• _Data listing_

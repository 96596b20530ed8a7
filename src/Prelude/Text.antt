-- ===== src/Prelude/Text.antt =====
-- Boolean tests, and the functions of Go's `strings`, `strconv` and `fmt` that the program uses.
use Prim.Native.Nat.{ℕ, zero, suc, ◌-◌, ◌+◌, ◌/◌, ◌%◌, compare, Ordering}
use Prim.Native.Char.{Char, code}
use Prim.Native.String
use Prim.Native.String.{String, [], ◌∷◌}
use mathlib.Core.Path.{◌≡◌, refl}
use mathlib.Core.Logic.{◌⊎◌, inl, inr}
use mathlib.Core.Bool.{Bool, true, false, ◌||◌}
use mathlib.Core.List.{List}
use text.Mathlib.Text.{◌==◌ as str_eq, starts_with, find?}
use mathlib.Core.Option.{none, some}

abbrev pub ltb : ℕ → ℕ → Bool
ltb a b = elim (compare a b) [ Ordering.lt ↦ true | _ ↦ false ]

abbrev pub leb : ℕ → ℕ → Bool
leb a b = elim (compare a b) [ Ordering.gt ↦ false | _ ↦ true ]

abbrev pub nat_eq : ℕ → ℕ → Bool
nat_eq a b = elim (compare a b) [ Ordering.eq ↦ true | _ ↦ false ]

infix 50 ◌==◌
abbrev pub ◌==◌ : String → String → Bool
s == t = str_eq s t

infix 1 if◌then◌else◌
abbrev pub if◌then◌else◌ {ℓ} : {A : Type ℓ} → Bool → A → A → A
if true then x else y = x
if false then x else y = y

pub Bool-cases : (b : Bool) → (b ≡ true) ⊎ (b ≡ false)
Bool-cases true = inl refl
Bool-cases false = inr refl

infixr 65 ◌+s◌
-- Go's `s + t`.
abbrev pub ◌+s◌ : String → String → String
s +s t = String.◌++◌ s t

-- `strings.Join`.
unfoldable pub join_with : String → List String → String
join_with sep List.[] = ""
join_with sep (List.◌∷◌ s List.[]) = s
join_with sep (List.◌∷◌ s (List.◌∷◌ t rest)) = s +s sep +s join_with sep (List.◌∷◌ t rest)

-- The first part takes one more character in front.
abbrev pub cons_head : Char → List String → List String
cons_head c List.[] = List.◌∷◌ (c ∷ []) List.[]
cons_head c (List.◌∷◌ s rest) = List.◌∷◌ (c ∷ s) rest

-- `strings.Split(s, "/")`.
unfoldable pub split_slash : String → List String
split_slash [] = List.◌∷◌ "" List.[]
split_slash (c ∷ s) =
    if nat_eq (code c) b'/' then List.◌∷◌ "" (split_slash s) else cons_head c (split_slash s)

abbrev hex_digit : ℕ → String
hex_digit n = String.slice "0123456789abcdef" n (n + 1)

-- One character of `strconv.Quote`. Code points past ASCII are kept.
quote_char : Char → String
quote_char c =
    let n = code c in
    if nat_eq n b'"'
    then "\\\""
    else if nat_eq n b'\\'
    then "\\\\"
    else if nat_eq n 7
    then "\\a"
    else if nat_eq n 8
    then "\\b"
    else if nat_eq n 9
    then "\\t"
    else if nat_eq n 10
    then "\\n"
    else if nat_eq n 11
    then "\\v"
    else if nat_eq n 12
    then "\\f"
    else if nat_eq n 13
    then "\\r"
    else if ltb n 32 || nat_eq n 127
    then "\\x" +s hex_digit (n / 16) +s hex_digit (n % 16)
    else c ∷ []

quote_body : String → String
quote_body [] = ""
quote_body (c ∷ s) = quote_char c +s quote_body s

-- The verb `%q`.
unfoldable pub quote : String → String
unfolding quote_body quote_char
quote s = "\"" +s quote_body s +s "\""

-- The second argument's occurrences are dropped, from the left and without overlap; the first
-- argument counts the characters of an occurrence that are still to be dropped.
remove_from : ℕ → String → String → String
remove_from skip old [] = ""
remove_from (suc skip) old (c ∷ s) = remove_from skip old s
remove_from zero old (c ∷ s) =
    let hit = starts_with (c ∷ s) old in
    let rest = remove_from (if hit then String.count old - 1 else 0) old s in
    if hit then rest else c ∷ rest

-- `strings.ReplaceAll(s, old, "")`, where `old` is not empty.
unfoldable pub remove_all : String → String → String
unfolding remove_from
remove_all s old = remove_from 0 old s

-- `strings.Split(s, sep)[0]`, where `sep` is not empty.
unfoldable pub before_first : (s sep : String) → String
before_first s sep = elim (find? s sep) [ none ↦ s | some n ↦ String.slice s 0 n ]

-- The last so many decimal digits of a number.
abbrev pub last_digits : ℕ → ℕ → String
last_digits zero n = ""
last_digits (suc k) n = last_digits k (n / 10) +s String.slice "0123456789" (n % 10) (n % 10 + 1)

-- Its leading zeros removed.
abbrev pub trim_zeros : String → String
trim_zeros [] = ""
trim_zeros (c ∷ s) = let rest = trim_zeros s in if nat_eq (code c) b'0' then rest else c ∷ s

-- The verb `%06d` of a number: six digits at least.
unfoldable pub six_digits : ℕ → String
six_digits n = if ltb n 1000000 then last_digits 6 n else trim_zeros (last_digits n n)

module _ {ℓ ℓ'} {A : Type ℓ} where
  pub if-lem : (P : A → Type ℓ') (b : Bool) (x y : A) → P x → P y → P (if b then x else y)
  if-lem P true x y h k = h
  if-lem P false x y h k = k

• _Your objective_
Of all the entries above, repeat only the lines from the line that has "-- ===== src/Prelude/Text.antt" to the line that has "if nat_eq (code c) b'/'", both lines included, exactly.

• _Answer for this exercise_
-- ===== src/Prelude/Text.antt =====
-- Boolean tests, and the functions of Go's `strings`, `strconv` and `fmt` that the program uses.
use Prim.Native.Nat.{ℕ, zero, suc, ◌-◌, ◌+◌, ◌/◌, ◌%◌, compare, Ordering}
use Prim.Native.Char.{Char, code}
use Prim.Native.String
use Prim.Native.String.{String, [], ◌∷◌}
use mathlib.Core.Path.{◌≡◌, refl}
use mathlib.Core.Logic.{◌⊎◌, inl, inr}
use mathlib.Core.Bool.{Bool, true, false, ◌||◌}
use mathlib.Core.List.{List}
use text.Mathlib.Text.{◌==◌ as str_eq, starts_with, find?}
use mathlib.Core.Option.{none, some}

abbrev pub ltb : ℕ → ℕ → Bool
ltb a b = elim (compare a b) [ Ordering.lt ↦ true | _ ↦ false ]

abbrev pub leb : ℕ → ℕ → Bool
leb a b = elim (compare a b) [ Ordering.gt ↦ false | _ ↦ true ]

abbrev pub nat_eq : ℕ → ℕ → Bool
nat_eq a b = elim (compare a b) [ Ordering.eq ↦ true | _ ↦ false ]

infix 50 ◌==◌
abbrev pub ◌==◌ : String → String → Bool
s == t = str_eq s t

infix 1 if◌then◌else◌
abbrev pub if◌then◌else◌ {ℓ} : {A : Type ℓ} → Bool → A → A → A
if true then x else y = x
if false then x else y = y

pub Bool-cases : (b : Bool) → (b ≡ true) ⊎ (b ≡ false)
Bool-cases true = inl refl
Bool-cases false = inr refl

infixr 65 ◌+s◌
-- Go's `s + t`.
abbrev pub ◌+s◌ : String → String → String
s +s t = String.◌++◌ s t

-- `strings.Join`.
unfoldable pub join_with : String → List String → String
join_with sep List.[] = ""
join_with sep (List.◌∷◌ s List.[]) = s
join_with sep (List.◌∷◌ s (List.◌∷◌ t rest)) = s +s sep +s join_with sep (List.◌∷◌ t rest)

-- The first part takes one more character in front.
abbrev pub cons_head : Char → List String → List String
cons_head c List.[] = List.◌∷◌ (c ∷ []) List.[]
cons_head c (List.◌∷◌ s rest) = List.◌∷◌ (c ∷ s) rest

-- `strings.Split(s, "/")`.
unfoldable pub split_slash : String → List String
split_slash [] = List.◌∷◌ "" List.[]
split_slash (c ∷ s) =
    if nat_eq (code c) b'/' then List.◌∷◌ "" (split_slash s) else cons_head c (split_slash s)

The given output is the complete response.